### <center>A decoupled, modular and scriptable architecture for tools to curate data platforms<br>Supplementary Material IV</center>
# <center>Analysing the Reliability of Bioinformatics Resource Providers listed in identifiers.org using cmd-iaso</center>
### <center>Momo Langenstein, Henning Hermjakob and Manuel Bernal Llinares<br>September 18, 2020</center>

[cmd-iaso](https://github.com/identifiers-org/cmd-iaso) is a command-line tool to help curate the [identifiers.org registry](https://registry.identifiers.org/). In this Jupyter Notebook, we will go over the analysis one curation workflow provides in detail. You can also run this Jupyter Notebook online using:

[![Binder](https://mybinder.org/badge_logo.svg)](https://mybinder.org/v2/gh/identifiers-org/cmd-iaso-analysis.git/main?filepath=Supplementary%20Material%20IV.ipynb)

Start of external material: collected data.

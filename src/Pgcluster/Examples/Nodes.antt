-- ===== src/Pgcluster/Examples/Nodes.antt =====
-- Tests of connecting to nodes and checking them.
use svckit.Base.{
  ℕ, zero, suc, ◌*◌, ◌+◌, ◌/◌, ◌≤◌, ◌<◌, ◌≡◌, refl, Bool, true, false, List, [], ◌∷◌, ◌++◌, Option,
  none, some, ◌==◌, Result, ok, err, All, arith, get_elem?, length, ◌↔◌, if◌then◌else◌,
}
use svckit.Base.Run.{done, blocked}
use svckit.Base.Text.{Text, codes, itoa, text_eq}
use svckit.Pgcluster.Node.{DatabaseNode, health_healthy, health_failed, health_degraded}
use svckit.Pgcluster.Routing.{is_circuit_open, writer}
use svckit.Pgcluster.Connect.{Dial, has_healthy_nodes}
use svckit.Pgcluster.Connect.Laws.{IsSound}
use svckit.Pgcluster.Health.{
  Checkup, HealthCheckError, check_node_health, health_check, perform_health_checks,
  is_retryable_error, mentions, ping_sql_db, ping_failed, ping_answered, writer_healthy, second,
}
use svckit.Pgcluster.Health.Laws.{
  check_node_health-IsSound, check_node_health_deadlock, check_node_health_recovers,
}
use svckit.Pgcluster.Health.Cluster.{health_check-writer}
use svckit.Pgcluster.Examples.{node_w, node_r, settings, pair}

-- A database that is refused once and then answers.
abbrev refused_once : Dial
refused_once = record {
  opens = λ i. if i == 0 then err (codes "connection refused") else ok 9;
  draws = λ i. 17;
  ping = none;
  now = 100;
}

abbrev lost : DatabaseNode
lost = record node_w { sql_db = none; health = health_failed; last_error = some (codes "gone") }

-- A check at a time, whose ping fails on a wrong password, and a later one that would succeed.
abbrev denied : Checkup
denied = record {
  now = 20 * second;
  ping = some (codes "password authentication failed");
  took = 3;
  dial = refused_once;
}

abbrev fine : Checkup
fine = record { now = 40 * second; ping = none; took = 3; dial = refused_once }

check_node_health_deadlock_example :
    (n : DatabaseNode) × (check_node_health settings denied node_w ≡ done n)
    × (n.health ≡ health_failed)
    × (n.error_count ≡ 1)
    × (check_node_health settings fine n ≡ blocked)
unfolding is_retryable_error svckit.Pgcluster.Health.contains svckit.Base.Text.contains
    svckit.Base.Text.to_lower
check_node_health_deadlock_example =
    check_node_health_deadlock settings denied fine node_w 7
      (codes "password authentication failed") refl refl refl refl (omega arith)

abbrev degraded : DatabaseNode
degraded = record node_w { health = health_degraded; last_error = some (codes "timeout") }

degraded-IsSound : IsSound degraded
degraded-IsSound = (λ h. refl, λ h. absurd (cc))

degraded_recovers :
    check_node_health settings fine degraded
    ≡ done (record degraded {
      last_check = 40 * second;
      response_time = 3;
      health = health_healthy;
      last_error = none;
    })
degraded_recovers =
    check_node_health_recovers settings fine degraded refl refl degraded-IsSound refl (omega arith)

check_node_health-IsSound_example : IsSound (record degraded {
  last_check = 40 * second;
  response_time = 3;
  health = health_healthy;
  last_error = none;
})
check_node_health-IsSound_example =
    check_node_health-IsSound settings fine degraded _ degraded-IsSound degraded_recovers

checked_nodes : List DatabaseNode
checked_nodes =
    record node_w { last_check = 40 * second; response_time = 3 }
    ∷ record node_r { last_check = 40 * second; response_time = 3 }
    ∷ []

health_check-writer_example :
    (◌≡◌ {A = Option HealthCheckError} none none)
    ↔ ((db : ℕ) × ((writer 5 (record pair { nodes = checked_nodes })).1 ≡ ok (some db)))
unfolding health_check perform_health_checks check_node_health ping_answered has_healthy_nodes
    writer_healthy is_circuit_open checked_nodes
health_check-writer_example =
    health_check-writer 5 (λ i. fine) pair checked_nodes none
      ((λ _. refl, λ _. refl), ((λ _. refl, λ _. refl), tt)) refl refl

The issues, which we will identify and discuss below, were observed on 18/09/2020. Please note that we plan to share them with the external site operator, and update the identifiers.org records to ensure reliable URL resolution. Therefore, these issues will have likely have been resolved by the time of the publication of this work.

## 1. Installation and Setup

First, we need to set up `cmd-iaso`. We will clone its source code from GitHub and install it in a fresh Python virtual environment `venv`.

In [1]:
!git clone https://github.com/identifiers-org/cmd-iaso.git
!pip install virtualenv
!virtualenv venv
!venv/bin/pip install --upgrade pip
!venv/bin/pip install cmd-iaso/

For this analysis, we will import some standard library Python modules and define a JSON pretty-printing function which plugins into functionality used inside `cmd-iaso` itself.

In [2]:
import gzip
import json
import pickle
import shlex
import urllib.request

def print_json(obj):
    code = shlex.quote(f"from iaso.format_json import format_json; print(format_json({repr(obj)}, process_links=False))")
    
    !echo {code} | venv/bin/python3

## 2. Information collection

In this analysis, we will demonstrate the workflow to assess the reliability of resource providers to which the identifier.org platform redirects. For clarity, we will focus on one resource provider as an example: [JWS Online Model Repository at Amsterdam](https://registry.identifiers.org/registry/jws).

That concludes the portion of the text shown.